- _Work request_: Each line below from the one containing "is_type t = t" through the one containing "bit_and-low 12 m 0x04" is to be given again exactly, and no line outside that span.

━━━━━━━━━━━━━━━━━━━━━━━━━━━━━━

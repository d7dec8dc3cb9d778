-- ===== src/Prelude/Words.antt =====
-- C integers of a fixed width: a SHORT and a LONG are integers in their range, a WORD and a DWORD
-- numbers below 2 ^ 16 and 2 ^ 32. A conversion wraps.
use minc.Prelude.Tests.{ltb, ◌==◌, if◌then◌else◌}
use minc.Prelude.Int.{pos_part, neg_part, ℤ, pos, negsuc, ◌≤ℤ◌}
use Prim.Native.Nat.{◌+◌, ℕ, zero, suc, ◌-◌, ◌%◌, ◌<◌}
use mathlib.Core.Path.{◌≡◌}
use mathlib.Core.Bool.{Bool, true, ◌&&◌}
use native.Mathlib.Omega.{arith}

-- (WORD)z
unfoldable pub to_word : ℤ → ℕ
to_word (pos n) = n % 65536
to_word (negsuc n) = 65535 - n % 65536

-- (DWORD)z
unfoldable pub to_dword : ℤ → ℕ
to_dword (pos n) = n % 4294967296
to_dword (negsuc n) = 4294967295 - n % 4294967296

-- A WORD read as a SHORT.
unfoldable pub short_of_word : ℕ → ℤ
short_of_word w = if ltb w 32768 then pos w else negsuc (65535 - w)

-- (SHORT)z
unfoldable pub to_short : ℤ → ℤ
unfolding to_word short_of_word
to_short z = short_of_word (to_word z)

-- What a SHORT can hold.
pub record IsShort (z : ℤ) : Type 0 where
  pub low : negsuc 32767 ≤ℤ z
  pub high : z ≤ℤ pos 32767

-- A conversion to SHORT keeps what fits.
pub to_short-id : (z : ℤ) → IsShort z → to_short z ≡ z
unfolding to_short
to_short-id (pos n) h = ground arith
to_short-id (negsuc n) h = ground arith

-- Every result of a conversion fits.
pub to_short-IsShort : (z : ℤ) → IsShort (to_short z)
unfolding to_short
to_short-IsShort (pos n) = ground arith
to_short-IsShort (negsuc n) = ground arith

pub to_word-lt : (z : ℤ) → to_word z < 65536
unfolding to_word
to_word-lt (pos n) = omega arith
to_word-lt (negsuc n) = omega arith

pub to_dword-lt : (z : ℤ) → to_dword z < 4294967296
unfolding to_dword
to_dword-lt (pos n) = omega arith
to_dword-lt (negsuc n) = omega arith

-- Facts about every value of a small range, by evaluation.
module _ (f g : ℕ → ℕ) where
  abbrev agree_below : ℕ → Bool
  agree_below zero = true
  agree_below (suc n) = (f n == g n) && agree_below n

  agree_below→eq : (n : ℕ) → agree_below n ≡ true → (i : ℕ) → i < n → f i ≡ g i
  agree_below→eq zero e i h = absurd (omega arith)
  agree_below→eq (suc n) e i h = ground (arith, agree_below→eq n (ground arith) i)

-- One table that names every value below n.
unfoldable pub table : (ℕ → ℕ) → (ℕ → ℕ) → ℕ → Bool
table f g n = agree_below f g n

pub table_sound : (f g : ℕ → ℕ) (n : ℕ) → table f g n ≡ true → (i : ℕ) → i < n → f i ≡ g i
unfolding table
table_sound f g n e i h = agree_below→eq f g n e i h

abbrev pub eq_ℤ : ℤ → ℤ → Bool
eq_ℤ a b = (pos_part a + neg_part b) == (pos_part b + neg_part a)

━━━━━━━━━━━━━━━━━━━━━━━━━━━━━━

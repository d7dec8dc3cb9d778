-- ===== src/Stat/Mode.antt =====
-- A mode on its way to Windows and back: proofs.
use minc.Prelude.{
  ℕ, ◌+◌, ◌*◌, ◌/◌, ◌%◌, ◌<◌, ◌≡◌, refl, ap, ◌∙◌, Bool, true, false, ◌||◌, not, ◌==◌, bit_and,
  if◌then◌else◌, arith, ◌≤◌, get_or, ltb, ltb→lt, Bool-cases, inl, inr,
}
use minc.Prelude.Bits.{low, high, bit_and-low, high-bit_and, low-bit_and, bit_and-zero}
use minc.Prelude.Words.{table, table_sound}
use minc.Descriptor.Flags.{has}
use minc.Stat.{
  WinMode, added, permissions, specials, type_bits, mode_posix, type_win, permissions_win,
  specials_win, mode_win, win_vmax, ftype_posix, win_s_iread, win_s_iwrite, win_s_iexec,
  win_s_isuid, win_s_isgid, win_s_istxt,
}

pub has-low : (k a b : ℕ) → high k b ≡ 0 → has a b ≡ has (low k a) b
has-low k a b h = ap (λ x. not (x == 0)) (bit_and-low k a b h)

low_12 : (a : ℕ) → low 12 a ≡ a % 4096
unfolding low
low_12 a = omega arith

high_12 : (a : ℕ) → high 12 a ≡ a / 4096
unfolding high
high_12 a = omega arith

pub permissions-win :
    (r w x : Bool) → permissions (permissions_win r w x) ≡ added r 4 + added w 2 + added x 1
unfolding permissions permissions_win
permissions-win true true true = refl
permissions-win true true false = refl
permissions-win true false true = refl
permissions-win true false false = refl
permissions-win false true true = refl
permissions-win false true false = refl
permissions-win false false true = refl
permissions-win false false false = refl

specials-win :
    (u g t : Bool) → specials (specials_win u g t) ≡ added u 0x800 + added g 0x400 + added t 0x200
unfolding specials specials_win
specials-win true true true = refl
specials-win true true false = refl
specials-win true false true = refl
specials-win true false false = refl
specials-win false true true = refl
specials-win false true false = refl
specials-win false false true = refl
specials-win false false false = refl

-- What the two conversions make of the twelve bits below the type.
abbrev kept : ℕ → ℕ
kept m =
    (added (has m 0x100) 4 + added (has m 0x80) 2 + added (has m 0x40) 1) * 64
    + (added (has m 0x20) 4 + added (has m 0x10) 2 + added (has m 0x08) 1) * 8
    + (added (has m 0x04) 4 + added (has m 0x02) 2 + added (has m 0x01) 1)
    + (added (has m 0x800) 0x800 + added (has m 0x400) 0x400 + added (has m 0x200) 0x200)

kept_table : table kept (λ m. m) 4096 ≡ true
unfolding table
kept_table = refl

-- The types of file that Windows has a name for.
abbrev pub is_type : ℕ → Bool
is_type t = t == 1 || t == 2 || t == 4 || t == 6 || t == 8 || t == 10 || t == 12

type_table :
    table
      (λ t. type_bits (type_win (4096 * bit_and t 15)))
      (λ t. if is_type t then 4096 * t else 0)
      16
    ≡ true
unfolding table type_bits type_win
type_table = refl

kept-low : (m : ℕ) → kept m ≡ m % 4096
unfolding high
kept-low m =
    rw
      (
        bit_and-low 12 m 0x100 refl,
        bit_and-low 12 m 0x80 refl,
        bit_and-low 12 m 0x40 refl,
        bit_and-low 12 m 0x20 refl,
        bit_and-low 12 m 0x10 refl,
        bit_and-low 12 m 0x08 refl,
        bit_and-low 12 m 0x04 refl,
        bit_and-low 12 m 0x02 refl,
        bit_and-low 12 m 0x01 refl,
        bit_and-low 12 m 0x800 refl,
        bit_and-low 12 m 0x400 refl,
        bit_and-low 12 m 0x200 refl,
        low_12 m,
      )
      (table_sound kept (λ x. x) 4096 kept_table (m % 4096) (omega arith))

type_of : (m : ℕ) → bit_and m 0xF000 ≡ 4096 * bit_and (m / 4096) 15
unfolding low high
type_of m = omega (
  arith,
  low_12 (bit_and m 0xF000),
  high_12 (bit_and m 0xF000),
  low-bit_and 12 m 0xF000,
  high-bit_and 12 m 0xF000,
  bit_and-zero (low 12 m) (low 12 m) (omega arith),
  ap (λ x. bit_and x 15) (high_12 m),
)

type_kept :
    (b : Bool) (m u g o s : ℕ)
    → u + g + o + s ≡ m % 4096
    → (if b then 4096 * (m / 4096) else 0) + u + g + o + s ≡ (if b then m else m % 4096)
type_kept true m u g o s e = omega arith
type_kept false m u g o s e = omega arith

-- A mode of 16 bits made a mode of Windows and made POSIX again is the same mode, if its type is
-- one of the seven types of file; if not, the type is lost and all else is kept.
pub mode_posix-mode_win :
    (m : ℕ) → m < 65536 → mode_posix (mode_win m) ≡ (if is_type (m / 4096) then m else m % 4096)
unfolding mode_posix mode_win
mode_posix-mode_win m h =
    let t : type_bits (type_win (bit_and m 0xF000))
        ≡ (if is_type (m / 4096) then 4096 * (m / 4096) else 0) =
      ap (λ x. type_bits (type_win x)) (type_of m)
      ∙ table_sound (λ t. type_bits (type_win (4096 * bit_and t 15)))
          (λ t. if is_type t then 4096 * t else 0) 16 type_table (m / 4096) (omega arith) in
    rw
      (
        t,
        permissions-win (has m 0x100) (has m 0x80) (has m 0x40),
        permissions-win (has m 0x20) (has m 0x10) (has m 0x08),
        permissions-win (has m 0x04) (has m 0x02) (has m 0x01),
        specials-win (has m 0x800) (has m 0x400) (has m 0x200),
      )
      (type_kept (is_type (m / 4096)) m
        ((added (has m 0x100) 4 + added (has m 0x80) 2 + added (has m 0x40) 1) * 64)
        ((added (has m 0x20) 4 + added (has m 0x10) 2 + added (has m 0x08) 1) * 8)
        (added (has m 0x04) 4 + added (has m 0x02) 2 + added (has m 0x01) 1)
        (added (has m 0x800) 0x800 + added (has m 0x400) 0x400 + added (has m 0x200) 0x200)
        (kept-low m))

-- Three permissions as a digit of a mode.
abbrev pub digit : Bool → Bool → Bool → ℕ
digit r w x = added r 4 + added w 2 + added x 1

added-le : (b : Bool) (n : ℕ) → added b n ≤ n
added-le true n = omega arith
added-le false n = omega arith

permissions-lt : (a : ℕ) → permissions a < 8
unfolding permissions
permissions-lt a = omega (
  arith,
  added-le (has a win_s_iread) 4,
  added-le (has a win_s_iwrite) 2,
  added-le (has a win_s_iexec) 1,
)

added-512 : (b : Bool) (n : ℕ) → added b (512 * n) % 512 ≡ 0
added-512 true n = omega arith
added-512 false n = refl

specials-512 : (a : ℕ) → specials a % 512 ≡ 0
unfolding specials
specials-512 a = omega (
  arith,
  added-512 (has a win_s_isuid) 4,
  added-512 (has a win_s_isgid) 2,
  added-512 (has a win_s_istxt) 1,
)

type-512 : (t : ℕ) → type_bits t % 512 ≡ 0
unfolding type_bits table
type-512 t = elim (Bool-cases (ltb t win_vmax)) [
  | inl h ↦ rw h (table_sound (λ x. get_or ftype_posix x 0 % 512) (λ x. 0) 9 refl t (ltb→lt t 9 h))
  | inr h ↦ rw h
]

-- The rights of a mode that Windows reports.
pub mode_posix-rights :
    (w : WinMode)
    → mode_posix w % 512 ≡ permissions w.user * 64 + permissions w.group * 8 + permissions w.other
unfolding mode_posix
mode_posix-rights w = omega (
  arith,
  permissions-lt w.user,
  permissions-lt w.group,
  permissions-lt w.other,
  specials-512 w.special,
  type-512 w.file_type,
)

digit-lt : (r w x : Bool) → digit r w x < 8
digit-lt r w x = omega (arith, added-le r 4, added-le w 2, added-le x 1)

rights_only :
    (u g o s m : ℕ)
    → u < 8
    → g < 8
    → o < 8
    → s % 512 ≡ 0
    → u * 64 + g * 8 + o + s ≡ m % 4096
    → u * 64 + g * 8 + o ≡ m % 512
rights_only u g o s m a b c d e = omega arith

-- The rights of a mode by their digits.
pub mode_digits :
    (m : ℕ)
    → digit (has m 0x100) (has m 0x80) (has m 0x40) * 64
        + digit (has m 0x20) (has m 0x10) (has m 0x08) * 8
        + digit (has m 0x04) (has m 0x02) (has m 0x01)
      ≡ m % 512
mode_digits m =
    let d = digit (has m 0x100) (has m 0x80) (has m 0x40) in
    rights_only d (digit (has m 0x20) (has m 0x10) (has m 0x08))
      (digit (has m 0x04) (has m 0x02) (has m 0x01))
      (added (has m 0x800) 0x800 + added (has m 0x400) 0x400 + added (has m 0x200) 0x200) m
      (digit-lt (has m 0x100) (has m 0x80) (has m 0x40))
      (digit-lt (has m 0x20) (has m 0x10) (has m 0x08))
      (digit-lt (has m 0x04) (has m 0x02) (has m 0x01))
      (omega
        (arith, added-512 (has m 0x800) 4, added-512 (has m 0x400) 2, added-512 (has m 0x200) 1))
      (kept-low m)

━━━━━━━━━━━━━━━━━━━━━━━━━━━━━━

- _Exercise answer_:
is_type t = t == 1 || t == 2 || t == 4 || t == 6 || t == 8 || t == 10 || t == 12

type_table :
    table
      (λ t. type_bits (type_win (4096 * bit_and t 15)))
      (λ t. if is_type t then 4096 * t else 0)
      16
    ≡ true
unfolding table type_bits type_win
type_table = refl

kept-low : (m : ℕ) → kept m ≡ m % 4096
unfolding high
kept-low m =
    rw
      (
        bit_and-low 12 m 0x100 refl,
        bit_and-low 12 m 0x80 refl,
        bit_and-low 12 m 0x40 refl,
        bit_and-low 12 m 0x20 refl,
        bit_and-low 12 m 0x10 refl,
        bit_and-low 12 m 0x08 refl,
        bit_and-low 12 m 0x04 refl,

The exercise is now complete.